┏━━

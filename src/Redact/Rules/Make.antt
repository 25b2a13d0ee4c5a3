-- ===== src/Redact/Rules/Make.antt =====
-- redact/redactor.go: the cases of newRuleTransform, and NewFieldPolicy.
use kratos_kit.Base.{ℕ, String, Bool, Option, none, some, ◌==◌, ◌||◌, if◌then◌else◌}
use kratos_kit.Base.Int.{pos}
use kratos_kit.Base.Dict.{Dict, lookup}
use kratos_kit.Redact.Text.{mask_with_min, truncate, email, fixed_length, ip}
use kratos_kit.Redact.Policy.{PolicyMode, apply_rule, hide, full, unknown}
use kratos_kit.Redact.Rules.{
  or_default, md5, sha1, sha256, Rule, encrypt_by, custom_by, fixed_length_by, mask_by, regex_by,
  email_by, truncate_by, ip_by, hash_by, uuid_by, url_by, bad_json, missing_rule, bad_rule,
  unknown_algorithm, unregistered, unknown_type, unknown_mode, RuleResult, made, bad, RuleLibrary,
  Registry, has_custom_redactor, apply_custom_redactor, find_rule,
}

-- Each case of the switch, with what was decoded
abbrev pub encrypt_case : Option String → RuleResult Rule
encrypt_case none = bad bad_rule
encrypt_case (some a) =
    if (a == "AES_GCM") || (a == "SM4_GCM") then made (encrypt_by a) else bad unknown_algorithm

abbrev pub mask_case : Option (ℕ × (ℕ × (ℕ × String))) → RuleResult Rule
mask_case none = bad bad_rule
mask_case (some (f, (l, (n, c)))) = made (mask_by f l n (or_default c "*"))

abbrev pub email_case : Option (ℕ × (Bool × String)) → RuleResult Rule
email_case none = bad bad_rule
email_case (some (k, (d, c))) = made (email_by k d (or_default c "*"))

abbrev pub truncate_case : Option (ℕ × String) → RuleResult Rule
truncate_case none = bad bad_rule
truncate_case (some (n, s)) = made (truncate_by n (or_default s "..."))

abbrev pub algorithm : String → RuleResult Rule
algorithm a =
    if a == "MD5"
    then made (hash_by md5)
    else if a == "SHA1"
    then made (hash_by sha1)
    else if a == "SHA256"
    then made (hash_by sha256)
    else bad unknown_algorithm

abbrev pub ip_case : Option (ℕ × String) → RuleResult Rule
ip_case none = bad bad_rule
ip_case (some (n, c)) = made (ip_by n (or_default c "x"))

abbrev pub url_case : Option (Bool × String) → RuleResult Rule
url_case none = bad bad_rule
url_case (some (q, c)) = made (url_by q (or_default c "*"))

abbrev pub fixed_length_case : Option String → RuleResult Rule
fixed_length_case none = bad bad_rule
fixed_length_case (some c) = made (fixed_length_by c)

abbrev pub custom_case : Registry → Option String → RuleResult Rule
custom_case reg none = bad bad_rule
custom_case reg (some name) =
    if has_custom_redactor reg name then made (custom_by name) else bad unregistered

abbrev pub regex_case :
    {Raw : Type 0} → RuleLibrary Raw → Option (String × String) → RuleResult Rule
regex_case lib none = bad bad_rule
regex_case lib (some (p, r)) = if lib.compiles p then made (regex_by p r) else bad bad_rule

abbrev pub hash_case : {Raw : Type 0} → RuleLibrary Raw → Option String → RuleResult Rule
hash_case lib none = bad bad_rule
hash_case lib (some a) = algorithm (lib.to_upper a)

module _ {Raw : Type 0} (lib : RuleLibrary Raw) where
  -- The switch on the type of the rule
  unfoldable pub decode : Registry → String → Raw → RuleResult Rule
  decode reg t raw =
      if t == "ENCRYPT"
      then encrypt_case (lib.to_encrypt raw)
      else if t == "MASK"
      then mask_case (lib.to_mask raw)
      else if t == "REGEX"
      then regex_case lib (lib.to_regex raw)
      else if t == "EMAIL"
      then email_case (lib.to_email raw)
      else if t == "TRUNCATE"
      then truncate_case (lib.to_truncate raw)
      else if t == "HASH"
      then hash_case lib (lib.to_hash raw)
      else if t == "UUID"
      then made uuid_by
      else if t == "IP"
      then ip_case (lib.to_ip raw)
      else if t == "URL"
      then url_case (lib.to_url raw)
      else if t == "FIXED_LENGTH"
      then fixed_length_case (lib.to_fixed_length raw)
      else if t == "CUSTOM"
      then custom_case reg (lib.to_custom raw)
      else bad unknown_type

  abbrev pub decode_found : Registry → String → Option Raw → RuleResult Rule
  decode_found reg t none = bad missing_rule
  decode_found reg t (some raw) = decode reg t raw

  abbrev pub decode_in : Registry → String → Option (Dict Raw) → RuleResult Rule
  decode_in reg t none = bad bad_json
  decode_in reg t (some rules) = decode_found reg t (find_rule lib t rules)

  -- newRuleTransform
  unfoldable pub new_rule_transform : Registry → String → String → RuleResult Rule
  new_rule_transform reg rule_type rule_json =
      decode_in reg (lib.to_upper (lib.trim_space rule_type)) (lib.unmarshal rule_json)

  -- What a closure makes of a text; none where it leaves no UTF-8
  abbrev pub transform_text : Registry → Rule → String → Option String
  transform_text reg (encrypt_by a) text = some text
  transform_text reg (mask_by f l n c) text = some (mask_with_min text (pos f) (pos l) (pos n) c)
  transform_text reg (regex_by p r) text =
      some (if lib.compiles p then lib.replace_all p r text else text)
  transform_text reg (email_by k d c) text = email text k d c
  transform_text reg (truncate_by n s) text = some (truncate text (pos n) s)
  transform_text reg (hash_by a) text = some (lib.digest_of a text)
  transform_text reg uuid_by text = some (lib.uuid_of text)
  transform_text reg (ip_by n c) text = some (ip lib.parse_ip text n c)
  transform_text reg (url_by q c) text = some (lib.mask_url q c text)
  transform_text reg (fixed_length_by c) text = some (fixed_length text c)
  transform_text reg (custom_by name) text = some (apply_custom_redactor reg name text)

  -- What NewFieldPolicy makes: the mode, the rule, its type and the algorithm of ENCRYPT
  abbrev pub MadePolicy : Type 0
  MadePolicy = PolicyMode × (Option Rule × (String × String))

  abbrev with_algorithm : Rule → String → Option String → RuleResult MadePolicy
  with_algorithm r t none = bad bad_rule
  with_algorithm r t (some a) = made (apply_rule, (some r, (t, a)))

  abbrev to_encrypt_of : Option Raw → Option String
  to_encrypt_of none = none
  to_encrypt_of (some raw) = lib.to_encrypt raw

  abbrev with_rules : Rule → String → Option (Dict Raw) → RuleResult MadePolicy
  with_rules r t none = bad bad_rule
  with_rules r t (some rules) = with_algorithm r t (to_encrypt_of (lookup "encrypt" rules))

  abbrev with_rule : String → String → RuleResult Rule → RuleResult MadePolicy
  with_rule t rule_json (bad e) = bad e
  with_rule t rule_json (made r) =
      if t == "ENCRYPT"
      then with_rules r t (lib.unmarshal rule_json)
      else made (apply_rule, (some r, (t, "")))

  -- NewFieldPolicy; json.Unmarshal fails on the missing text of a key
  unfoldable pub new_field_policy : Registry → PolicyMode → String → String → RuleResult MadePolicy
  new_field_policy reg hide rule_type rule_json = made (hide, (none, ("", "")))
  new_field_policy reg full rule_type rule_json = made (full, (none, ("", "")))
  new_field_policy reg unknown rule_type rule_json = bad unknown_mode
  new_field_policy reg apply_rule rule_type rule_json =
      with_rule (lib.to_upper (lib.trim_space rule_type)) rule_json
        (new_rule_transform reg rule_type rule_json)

┗━━

**WHAT THE EXERCISE ASKS:** List the lines of the records where "unregistered" occurs.

**REPLY TO THE EXERCISE:**
  unknown_algorithm, unregistered, unknown_type, unknown_mode, RuleResult, made, bad, RuleLibrary,
    if has_custom_redactor reg name then made (custom_by name) else bad unregistered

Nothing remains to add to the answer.